▶ [EXERCISE DETAILS]
In the data below, one line contains "outcome_of_run (s ∷" and a later one contains "play_all-ends budget r". Print both, with every line between them, exactly and alone.

---------- GIVEN DATA

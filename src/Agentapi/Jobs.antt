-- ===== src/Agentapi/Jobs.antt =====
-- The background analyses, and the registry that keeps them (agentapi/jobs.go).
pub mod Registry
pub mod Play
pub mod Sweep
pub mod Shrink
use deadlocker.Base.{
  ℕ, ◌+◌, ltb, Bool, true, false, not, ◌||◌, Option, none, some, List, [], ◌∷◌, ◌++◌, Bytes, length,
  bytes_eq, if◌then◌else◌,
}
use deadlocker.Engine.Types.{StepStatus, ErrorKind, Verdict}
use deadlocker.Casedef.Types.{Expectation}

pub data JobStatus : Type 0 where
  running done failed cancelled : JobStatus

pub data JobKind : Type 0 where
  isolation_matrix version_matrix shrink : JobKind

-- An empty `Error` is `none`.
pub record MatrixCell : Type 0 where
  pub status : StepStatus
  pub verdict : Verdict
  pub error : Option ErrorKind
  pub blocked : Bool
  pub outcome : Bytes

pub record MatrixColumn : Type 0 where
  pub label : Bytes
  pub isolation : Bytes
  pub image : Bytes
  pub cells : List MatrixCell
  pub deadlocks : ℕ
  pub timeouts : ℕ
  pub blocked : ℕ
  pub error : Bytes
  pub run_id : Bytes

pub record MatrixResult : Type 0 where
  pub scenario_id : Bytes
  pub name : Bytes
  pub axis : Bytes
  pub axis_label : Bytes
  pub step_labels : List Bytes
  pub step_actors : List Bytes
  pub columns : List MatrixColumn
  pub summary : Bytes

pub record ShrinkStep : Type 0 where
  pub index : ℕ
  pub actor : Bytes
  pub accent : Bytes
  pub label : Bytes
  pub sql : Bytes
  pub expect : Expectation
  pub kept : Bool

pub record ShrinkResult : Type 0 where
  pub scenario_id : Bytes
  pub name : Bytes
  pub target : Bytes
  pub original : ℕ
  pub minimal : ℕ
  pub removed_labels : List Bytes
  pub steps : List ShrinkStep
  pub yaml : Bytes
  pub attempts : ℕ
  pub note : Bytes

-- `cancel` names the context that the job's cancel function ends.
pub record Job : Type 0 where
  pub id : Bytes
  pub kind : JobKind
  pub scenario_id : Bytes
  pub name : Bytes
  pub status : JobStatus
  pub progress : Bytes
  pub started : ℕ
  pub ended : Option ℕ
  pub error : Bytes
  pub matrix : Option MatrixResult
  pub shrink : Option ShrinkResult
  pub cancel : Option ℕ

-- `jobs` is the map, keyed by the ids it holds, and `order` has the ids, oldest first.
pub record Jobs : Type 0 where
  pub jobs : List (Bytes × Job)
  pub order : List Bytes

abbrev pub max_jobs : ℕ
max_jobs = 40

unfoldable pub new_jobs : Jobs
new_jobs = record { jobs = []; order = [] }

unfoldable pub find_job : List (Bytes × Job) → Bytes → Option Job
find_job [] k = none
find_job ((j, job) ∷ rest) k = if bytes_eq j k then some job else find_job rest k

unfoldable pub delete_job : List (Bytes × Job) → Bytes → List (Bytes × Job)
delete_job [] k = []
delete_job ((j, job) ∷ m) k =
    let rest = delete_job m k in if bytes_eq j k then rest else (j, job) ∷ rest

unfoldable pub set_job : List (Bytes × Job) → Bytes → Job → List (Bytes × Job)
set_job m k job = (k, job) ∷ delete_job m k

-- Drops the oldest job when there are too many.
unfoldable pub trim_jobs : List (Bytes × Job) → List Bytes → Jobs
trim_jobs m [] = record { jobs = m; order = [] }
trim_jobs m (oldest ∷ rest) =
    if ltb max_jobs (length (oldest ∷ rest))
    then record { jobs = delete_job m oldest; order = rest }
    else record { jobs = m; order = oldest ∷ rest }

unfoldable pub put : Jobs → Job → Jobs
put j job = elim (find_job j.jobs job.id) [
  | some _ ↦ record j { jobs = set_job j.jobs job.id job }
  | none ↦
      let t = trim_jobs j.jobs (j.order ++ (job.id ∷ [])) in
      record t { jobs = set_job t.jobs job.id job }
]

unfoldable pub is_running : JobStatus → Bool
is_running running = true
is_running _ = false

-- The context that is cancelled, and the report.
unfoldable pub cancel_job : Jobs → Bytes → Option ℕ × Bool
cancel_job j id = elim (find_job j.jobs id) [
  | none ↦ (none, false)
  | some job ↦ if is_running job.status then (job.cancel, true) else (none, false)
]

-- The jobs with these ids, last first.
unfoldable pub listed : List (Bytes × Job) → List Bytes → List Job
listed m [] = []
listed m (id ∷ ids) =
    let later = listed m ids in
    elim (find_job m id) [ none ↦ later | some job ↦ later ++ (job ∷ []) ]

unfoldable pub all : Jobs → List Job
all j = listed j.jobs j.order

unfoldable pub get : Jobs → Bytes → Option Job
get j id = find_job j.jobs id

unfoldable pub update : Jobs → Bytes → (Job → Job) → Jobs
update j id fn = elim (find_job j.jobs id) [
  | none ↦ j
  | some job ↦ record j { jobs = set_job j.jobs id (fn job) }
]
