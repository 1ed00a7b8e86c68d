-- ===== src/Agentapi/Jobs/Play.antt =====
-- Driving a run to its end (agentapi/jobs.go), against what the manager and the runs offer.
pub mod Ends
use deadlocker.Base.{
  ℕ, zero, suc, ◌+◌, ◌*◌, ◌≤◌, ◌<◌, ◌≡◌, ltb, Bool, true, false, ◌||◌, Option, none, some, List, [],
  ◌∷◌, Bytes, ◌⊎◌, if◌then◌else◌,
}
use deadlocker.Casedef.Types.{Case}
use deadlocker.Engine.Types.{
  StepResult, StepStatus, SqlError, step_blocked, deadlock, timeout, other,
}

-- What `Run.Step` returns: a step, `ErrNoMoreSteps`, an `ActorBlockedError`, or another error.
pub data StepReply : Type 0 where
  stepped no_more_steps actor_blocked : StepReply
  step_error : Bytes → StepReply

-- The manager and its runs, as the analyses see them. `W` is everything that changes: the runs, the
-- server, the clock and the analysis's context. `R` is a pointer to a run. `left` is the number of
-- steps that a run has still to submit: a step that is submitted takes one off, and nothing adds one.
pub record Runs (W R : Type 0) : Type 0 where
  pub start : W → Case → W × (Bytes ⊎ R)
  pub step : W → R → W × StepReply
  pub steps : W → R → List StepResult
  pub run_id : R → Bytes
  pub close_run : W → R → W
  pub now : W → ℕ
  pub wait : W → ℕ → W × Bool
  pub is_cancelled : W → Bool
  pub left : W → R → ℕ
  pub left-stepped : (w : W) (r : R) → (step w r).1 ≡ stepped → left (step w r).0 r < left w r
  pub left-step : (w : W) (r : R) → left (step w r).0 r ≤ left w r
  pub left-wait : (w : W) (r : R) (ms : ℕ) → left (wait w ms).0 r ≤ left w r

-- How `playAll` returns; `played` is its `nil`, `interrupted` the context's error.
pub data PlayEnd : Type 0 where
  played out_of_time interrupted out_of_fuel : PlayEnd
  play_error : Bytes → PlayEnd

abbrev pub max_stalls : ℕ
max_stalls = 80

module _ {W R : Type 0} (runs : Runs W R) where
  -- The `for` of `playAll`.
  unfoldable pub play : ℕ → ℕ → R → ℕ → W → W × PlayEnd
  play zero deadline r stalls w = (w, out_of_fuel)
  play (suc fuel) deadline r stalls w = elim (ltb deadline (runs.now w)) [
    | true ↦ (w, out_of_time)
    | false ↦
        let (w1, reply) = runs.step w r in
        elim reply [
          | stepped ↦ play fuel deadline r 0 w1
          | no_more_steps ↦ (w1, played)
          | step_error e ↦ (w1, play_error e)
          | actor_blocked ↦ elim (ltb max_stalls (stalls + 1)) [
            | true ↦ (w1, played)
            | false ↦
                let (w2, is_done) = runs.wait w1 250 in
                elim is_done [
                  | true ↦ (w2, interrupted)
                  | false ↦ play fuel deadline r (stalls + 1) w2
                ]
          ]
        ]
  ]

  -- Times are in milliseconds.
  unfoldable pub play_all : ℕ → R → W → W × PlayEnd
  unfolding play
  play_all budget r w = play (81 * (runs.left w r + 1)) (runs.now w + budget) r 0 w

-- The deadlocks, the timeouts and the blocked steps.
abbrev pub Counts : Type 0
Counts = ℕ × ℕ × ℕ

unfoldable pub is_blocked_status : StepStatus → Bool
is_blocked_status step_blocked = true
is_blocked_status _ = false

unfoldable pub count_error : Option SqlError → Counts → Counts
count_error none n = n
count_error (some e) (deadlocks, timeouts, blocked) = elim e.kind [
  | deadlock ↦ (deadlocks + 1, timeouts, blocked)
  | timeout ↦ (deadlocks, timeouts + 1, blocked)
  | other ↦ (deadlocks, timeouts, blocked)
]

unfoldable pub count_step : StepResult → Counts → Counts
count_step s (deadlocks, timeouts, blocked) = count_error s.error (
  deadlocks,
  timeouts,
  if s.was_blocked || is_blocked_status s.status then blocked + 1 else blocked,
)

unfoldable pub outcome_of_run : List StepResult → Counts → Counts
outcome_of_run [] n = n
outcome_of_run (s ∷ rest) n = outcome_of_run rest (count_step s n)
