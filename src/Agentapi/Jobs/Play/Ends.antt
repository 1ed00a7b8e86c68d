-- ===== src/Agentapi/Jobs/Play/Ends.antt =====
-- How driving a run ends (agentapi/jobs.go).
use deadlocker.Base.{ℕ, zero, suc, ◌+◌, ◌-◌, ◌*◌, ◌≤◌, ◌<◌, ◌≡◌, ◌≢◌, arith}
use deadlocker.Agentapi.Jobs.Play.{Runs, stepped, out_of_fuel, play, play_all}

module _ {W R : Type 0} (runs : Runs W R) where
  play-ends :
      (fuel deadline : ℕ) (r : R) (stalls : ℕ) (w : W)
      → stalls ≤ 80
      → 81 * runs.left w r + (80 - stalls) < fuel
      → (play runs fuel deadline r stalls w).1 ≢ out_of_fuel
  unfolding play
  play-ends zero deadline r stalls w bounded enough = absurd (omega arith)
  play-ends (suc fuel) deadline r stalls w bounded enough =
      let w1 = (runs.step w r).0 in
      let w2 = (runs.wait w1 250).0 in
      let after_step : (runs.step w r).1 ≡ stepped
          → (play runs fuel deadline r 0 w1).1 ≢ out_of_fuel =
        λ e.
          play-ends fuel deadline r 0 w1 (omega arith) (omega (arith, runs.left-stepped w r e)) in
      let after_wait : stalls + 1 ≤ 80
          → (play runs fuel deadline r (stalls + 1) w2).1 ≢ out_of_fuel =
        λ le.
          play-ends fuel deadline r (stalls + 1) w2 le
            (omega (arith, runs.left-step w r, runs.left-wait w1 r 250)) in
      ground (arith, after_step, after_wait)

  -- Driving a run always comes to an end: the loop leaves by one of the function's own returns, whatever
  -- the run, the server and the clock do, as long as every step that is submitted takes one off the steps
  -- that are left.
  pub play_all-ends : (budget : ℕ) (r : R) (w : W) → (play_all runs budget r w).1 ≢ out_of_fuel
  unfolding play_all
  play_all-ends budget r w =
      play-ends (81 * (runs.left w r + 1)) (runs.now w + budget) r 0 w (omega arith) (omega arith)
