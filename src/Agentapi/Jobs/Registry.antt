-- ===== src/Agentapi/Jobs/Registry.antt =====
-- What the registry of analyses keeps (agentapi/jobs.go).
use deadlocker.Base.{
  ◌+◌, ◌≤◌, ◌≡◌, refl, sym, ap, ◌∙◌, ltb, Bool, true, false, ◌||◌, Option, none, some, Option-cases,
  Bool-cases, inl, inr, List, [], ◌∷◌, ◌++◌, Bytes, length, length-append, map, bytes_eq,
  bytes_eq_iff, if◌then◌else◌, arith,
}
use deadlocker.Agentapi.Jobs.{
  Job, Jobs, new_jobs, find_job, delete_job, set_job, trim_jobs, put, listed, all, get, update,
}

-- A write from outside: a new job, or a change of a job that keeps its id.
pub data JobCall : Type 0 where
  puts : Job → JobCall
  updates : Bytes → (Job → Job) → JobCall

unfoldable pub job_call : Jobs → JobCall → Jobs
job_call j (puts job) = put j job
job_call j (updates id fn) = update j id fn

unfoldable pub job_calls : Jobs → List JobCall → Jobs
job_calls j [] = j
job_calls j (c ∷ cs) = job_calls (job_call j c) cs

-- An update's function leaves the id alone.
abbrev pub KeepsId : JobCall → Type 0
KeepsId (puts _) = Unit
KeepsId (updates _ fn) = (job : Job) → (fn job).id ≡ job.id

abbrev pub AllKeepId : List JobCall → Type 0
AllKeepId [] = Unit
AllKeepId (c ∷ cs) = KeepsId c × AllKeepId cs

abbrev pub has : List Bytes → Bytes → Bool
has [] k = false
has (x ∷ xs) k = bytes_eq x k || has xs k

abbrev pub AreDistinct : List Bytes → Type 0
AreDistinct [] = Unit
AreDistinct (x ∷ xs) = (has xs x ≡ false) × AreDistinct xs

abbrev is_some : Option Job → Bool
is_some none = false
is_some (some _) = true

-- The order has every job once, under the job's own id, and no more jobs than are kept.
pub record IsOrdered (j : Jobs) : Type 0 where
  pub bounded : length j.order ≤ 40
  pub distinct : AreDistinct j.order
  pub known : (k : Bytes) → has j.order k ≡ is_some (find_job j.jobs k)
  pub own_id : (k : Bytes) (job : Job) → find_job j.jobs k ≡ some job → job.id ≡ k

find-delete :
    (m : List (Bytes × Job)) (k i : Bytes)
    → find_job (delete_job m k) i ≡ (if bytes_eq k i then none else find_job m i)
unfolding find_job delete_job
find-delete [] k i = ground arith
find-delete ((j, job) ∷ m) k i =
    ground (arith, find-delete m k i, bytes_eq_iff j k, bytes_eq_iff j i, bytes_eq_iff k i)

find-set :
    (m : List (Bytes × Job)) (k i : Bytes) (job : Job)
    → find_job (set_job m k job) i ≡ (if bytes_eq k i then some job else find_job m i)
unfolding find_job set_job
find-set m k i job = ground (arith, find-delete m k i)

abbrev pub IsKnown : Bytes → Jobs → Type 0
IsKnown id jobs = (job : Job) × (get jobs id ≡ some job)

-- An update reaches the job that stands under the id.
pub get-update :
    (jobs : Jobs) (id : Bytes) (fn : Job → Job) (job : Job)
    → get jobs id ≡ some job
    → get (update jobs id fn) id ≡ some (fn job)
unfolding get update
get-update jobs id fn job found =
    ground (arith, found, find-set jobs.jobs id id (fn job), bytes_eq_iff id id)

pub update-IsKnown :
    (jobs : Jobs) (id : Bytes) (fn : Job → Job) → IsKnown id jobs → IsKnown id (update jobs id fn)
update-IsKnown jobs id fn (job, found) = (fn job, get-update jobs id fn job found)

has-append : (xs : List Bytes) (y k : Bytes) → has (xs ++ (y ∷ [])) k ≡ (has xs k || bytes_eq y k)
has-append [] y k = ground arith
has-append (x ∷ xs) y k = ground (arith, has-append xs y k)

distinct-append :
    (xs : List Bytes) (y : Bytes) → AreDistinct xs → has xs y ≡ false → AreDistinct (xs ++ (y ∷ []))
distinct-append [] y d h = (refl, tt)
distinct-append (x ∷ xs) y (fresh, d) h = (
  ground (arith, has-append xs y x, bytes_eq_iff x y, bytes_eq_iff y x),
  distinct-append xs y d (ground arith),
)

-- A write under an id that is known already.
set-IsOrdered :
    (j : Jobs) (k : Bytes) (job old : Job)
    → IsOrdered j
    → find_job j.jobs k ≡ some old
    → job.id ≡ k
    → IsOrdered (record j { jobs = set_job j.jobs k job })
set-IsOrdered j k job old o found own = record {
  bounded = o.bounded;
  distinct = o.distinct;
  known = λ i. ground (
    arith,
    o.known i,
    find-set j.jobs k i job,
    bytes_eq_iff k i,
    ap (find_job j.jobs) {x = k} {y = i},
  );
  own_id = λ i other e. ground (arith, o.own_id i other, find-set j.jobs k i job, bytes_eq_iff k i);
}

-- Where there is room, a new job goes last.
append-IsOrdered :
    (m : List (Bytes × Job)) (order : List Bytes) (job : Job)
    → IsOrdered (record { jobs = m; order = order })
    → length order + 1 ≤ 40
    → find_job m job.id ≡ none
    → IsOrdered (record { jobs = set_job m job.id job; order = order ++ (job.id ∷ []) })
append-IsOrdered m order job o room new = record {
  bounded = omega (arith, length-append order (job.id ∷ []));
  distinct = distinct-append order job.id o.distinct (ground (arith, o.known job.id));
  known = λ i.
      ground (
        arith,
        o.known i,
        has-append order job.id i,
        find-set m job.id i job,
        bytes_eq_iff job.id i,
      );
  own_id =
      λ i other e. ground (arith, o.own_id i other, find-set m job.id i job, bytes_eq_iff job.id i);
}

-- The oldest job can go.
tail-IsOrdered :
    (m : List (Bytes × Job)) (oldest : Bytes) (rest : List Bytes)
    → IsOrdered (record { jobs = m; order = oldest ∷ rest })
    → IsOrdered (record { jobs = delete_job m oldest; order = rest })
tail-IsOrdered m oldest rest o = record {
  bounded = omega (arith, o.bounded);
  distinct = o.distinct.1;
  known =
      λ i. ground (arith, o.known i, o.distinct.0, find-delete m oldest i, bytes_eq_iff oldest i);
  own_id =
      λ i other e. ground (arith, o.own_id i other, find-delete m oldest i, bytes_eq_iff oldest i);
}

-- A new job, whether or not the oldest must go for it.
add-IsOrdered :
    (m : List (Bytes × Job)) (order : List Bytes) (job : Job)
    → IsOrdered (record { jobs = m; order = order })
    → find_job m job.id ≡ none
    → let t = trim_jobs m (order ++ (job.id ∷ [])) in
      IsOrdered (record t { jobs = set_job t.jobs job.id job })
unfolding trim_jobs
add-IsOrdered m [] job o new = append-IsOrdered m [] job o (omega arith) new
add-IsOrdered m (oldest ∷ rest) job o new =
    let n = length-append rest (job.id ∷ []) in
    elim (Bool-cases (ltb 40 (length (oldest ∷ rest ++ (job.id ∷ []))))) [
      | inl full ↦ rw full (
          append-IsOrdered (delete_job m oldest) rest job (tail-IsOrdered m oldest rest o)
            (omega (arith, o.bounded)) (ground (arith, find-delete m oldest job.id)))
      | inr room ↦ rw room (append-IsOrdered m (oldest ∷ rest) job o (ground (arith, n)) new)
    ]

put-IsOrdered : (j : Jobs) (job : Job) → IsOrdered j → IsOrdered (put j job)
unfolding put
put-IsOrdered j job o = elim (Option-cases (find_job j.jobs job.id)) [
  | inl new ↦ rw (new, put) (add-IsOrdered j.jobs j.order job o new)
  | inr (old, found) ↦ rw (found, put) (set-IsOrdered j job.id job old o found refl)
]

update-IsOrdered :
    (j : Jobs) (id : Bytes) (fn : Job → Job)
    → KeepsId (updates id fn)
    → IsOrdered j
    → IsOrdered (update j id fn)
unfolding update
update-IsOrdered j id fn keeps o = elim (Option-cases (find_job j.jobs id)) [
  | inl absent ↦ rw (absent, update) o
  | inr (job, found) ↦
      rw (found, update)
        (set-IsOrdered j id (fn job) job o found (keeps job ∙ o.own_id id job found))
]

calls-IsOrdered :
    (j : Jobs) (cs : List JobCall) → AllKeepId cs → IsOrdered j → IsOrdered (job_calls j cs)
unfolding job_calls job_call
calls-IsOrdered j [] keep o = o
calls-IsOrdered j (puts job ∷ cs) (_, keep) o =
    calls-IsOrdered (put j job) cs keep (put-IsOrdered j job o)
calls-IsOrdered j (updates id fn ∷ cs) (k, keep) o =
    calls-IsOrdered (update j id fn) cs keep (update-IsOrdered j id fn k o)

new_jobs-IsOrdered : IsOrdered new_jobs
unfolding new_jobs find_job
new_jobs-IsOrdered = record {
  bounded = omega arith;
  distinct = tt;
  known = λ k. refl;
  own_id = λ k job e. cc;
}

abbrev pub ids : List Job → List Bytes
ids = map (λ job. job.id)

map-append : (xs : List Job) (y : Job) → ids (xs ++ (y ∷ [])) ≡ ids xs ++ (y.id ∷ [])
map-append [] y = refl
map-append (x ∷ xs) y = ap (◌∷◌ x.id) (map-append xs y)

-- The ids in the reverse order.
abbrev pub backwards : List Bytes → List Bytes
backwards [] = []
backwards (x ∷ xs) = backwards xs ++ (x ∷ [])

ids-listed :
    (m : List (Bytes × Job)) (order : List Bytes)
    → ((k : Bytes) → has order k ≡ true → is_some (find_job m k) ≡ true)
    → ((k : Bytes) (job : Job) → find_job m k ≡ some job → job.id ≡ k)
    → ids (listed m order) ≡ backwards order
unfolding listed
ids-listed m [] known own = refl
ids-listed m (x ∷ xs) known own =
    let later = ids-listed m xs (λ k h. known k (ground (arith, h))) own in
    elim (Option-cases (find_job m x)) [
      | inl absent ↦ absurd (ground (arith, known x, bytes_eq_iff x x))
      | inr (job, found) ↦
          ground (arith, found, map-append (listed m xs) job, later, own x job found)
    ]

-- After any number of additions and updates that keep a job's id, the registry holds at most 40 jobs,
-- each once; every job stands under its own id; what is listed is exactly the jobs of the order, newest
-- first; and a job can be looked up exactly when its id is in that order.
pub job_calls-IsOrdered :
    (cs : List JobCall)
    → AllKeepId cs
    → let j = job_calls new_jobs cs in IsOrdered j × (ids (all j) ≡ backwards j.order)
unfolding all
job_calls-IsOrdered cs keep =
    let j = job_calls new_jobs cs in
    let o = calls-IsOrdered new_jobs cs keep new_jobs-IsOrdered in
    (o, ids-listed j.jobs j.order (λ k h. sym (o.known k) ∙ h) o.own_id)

--------------------

▶ [EXERCISE SOLUTION]
outcome_of_run (s ∷ rest) n = outcome_of_run rest (count_step s n)
filename src/Agentapi/Jobs/Play/Ends.antt
repository 1ed00a7b8e86c68d
-- ===== src/Agentapi/Jobs/Play/Ends.antt =====
-- How driving a run ends (agentapi/jobs.go).
use deadlocker.Base.{ℕ, zero, suc, ◌+◌, ◌-◌, ◌*◌, ◌≤◌, ◌<◌, ◌≡◌, ◌≢◌, arith}
use deadlocker.Agentapi.Jobs.Play.{Runs, stepped, out_of_fuel, play, play_all}

module _ {W R : Type 0} (runs : Runs W R) where
  play-ends :
      (fuel deadline : ℕ) (r : R) (stalls : ℕ) (w : W)
      → stalls ≤ 80
      → 81 * runs.left w r + (80 - stalls) < fuel
      → (play runs fuel deadline r stalls w).1 ≢ out_of_fuel
  unfolding play
  play-ends zero deadline r stalls w bounded enough = absurd (omega arith)
  play-ends (suc fuel) deadline r stalls w bounded enough =
      let w1 = (runs.step w r).0 in
      let w2 = (runs.wait w1 250).0 in
      let after_step : (runs.step w r).1 ≡ stepped
          → (play runs fuel deadline r 0 w1).1 ≢ out_of_fuel =
        λ e.
          play-ends fuel deadline r 0 w1 (omega arith) (omega (arith, runs.left-stepped w r e)) in
      let after_wait : stalls + 1 ≤ 80
          → (play runs fuel deadline r (stalls + 1) w2).1 ≢ out_of_fuel =
        λ le.
          play-ends fuel deadline r (stalls + 1) w2 le
            (omega (arith, runs.left-step w r, runs.left-wait w1 r 250)) in
      ground (arith, after_step, after_wait)

  -- Driving a run always comes to an end: the loop leaves by one of the function's own returns, whatever
  -- the run, the server and the clock do, as long as every step that is submitted takes one off the steps
  -- that are left.
  pub play_all-ends : (budget : ℕ) (r : R) (w : W) → (play_all runs budget r w).1 ≢ out_of_fuel
  unfolding play_all
  play_all-ends budget r w =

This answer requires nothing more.